Ⅰ ~ 16 agosto 2023 ~

Ⅰ  16 AGOSTO 2023 

— INTRODUZIONE 

Ho aperto questo blog personale per condividerci sopra i miei pensieri, le mie esperienze e ciò che accade nella mia vita. Non so se ci scriverò quotidianamente, tuttavia penso che lo userò varie volte.

~ Nacqui; piansi; tacqui; giacqui 



Continuiamo ad immergerci dell'Odissea della vita, con le sue infinite onde che ti bagnano e ti pervadono ogni giorno.

Se andassi su un'isola deserta e potessi portarmi solo dieci dei miei album preferiti (magari in vinile e con un grammofono, non avendo a disposizione l'energia elettrica), direi i seguenti (li ho scritti in ordine sparso, non in ordine di preferenza):

   1. Hosianna Mantra dei Popol Vuh (1972);
   2. Treasure dei Cocteau Twins (1984);
   3. Happy Sad di Tim Buckley (1969);
   4. Taiji no Yume di Yoshiko Sai (1977);
   5. Hejira di Joni Mitchell (1976);
   6. The Doors dei Doors (1967);
   7. Argus dei Wishbone Ash (1972);
   8. Led Zeppelin IV dei Led Zeppelin (1971);
   9. In the Court of the Crimson King dei King Crimson (1969);
   10. The Dark Side of the Moon dei Pink Floyd (1973) (il mio album preferito in assoluto e la perfezione fatta disco, secondo me).
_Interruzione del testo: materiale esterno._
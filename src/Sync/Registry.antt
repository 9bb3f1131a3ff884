-- ===== src/Sync/Registry.antt =====
-- mcp_sync_server/registry/protocol.rs and state.rs: the registry's state and the helpers of its
-- operations. `emit` is a flag: the snapshot of the state is sent to the user interface.
use astesia.Base.{
  ℕ, ◌+◌, String, Bool, true, false, not, ◌&&◌, ◌==◌, Option, none, some, List, [], ◌∷◌, arith,
  keep, ltb, min, u64_max, if◌then◌else◌, ==_iff,
}
use Prim.Native.String.{len}
use astesia.Base.Text.{is_empty, trim}
use astesia.Base.Table.{Key, nat_key, Table, get, remove, update}
use astesia.Sync.{
  Uuid, SessionKey, session_key_key, ownership_key_key, OwnershipKey, same_owner, session_key,
  RegistryEntry, McpControlCommand, QueuedControl, McpSyncContext, McpSyncResponse,
}
use astesia.Sync.Tombstones.{BoundedTombstones, contains}

pub record OperationKey : Type 0 where
  pub service_id : Uuid
  pub session_id : Uuid
  pub operation_id : Uuid

instance abbrev pub operation_key_key : Key OperationKey
operation_key_key = record {
  same = λ a b.
      (a.service_id == b.service_id)
      && ((a.session_id == b.session_id) && (a.operation_id == b.operation_id));
  same_iff = λ a b. ground (
    arith,
    ==_iff a.service_id b.service_id,
    ==_iff a.session_id b.session_id,
    ==_iff a.operation_id b.operation_id,
  );
}

-- The sign of an i64.
pub record Signed (R : Type 0) : Type 0 where
  pub is_negative : R → Bool

pub record RegistryState (R : Type 0) : Type 0 where
  pub revision : ℕ
  pub next_generation : ℕ
  pub entries : Table OwnershipKey (RegistryEntry R)
  pub controls : Table Uuid QueuedControl
  pub control_queues : Table SessionKey (List Uuid)
  pub closed_sessions : BoundedTombstones SessionKey
  pub closed_services : BoundedTombstones Uuid
  pub completed_operations : Table OperationKey McpSyncResponse
  pub operation_order : List OperationKey

-- What an operation leaves: the state, its answer, whether it emits, and the commands whose waiters it
-- wakes.
pub record Reply (R : Type 0) : Type 0 where
  pub state : RegistryState R
  pub response : McpSyncResponse
  pub emit : Bool
  pub resolved : List Uuid

abbrev pub saturating_succ : ℕ → ℕ
saturating_succ n = min (n + 1) u64_max

unfoldable pub success : Option ℕ → Option McpControlCommand → McpSyncResponse
success generation control = record {
  ok = true;
  error = none;
  generation = generation;
  control = control;
}

unfoldable pub failure : String → McpSyncResponse
failure message = record { ok = false; error = some message; generation = none; control = none }

unfoldable pub validate_connection_id : String → Option String
unfolding is_empty trim
validate_connection_id connection_id =
    if is_empty (trim connection_id)
    then some "MCP connection identifier must not be empty"
    else if ltb 256 (len connection_id)
    then some "MCP connection identifier must not exceed 256 bytes"
    else none

abbrev pub owner_of : McpSyncContext → String → OwnershipKey
owner_of context connection_id = record {
  service_id = context.service_id;
  session_id = context.session_id;
  connection_id = connection_id;
}

unfoldable pub without_id : Uuid → List Uuid → List Uuid
unfolding keep
without_id command_id queue = keep (λ queued_id. not (queued_id == command_id)) queue

-- The commands of which the queued control passes a test.
unfoldable pub command_ids : (QueuedControl → Bool) → Table Uuid QueuedControl → List Uuid
command_ids wanted [] = []
command_ids wanted ((command_id, queued) ∷ m) =
    let rest = command_ids wanted m in if wanted queued then command_id ∷ rest else rest

module _ {R : Type 0} where
  -- An answer that leaves the state alone.
  abbrev pub answer : McpSyncResponse → RegistryState R → Reply R
  answer response s = record { state = s; response = response; emit = false; resolved = [] }

  unfoldable pub ensure_owner_is_open : OwnershipKey → RegistryState R → Option String
  unfolding session_key
  ensure_owner_is_open key s =
      if contains key.service_id s.closed_services.entries
      then some "MCP synchronization service is closed"
      else if contains (session_key key) s.closed_sessions.entries
      then some "MCP session is closed"
      else none

  unfoldable pub remove_queued : Uuid → SessionKey → RegistryState R → Table SessionKey (List Uuid)
  unfolding without_id
  remove_queued command_id session s = elim (get session s.control_queues) [
    | none ↦ s.control_queues
    | some queue ↦ elim (without_id command_id queue) [
      | [] ↦ remove session s.control_queues
      | id ∷ rest ↦ update session (id ∷ rest) s.control_queues
    ]
  ]

  unfoldable pub remove_control : Uuid → RegistryState R → RegistryState R
  unfolding remove_queued session_key
  remove_control command_id s = elim (get command_id s.controls) [
    | none ↦ s
    | some removed ↦ record s {
      controls = remove command_id s.controls;
      control_queues = remove_queued command_id (session_key removed.owner) s;
    }
  ]

  unfoldable pub remove_each_control : List Uuid → RegistryState R → RegistryState R
  unfolding remove_control
  remove_each_control [] s = s
  remove_each_control (command_id ∷ ids) s = remove_each_control ids (remove_control command_id s)

  unfoldable pub remove_controls_for_owner :
      OwnershipKey → Option ℕ → RegistryState R → RegistryState R × List Uuid
  unfolding command_ids remove_each_control
  remove_controls_for_owner owner generation s =
      let ids =
        command_ids
          (λ queued. same_owner queued.owner owner && elim generation as (λ g. Bool) [
            | none ↦ true
            | some expected ↦ queued.command.generation == expected
          ])
          s.controls in
      (remove_each_control ids s, ids)

  unfoldable pub remove_controls_for_session :
      SessionKey → RegistryState R → RegistryState R × List Uuid
  unfolding command_ids remove_each_control session_key
  remove_controls_for_session session s =
      let ids =
        command_ids
          (λ queued.
            ((session_key queued.owner).0 == session.0)
            && ((session_key queued.owner).1 == session.1))
          s.controls in
      let t = remove_each_control ids s in
      (record t { control_queues = remove session t.control_queues }, ids)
Tra tutti gli album che amo e che mi piacciono, sceglierei questi dieci capolavori della musica da portare con me e da ascoltare sempre su un'isola deserta. Comunque è stata dura sceglierne soltanto dieci.

Da diversi giorni sto riascoltando gli album solisti di Robert Plant. I suoi lavori da solista mi sono piaciuti fin dalla prima volta che li ascoltai e devo ammettere che fu una vera sorpresa per me, dato che molti anni fa non sapevo che ebbe una carriera da solista dopo i Led Zeppelin, band della quale fu il cantante. I suoi brani Moonlight in Samosa, Like I've Never Been Gone, Ship of Fools, Big Log, Little by Little e I Believe sono stupendi e li considero i suoi migliori pezzi. Ho rimasterizzato in 4K il video ufficiale del suo brano In the Mood, un altro che mi piace tanto. Penso che farò la stessa cosa con altri suoi video ufficiali, a cominciare da quello di I Believe.
Complimenti a Robert Plant per aver dimostrato che c'era molto altro da dire e da cantare dopo i magnifici Led Zeppelin. Egli è stato sino ad oggi un grande artista musicale e uno dei massimi cantanti della storia del Rock e della musica in generale — per me il migliore insieme a Tim Buckley e a Jim Morrison.

Tre brani dei Led Zeppelin che amo particolarmente: Ten Years Gone, The Rain Song e In the Light — quest'ultimo, a mio parere, è uno dei loro massimi capolavori ed il loro brano più misterioso, mistico ed anche unico; purtroppo non venne mai suonato dal vivo.
Molte volte accade che alcune canzoni di un determinato gruppo o artista non vengano apprezzate quanto meritino, finendo così nel dimenticatoio oppure venendo considerate secondarie o inferiori alle altre. Un esempio di questo è proprio la maestosa In the Light dei Led Zeppelin. Amo la tastiera di John Paul Jones e la batteria di John Bonham all'interno del pezzo, per non parlare della seminale chitarra di Jimmy Page.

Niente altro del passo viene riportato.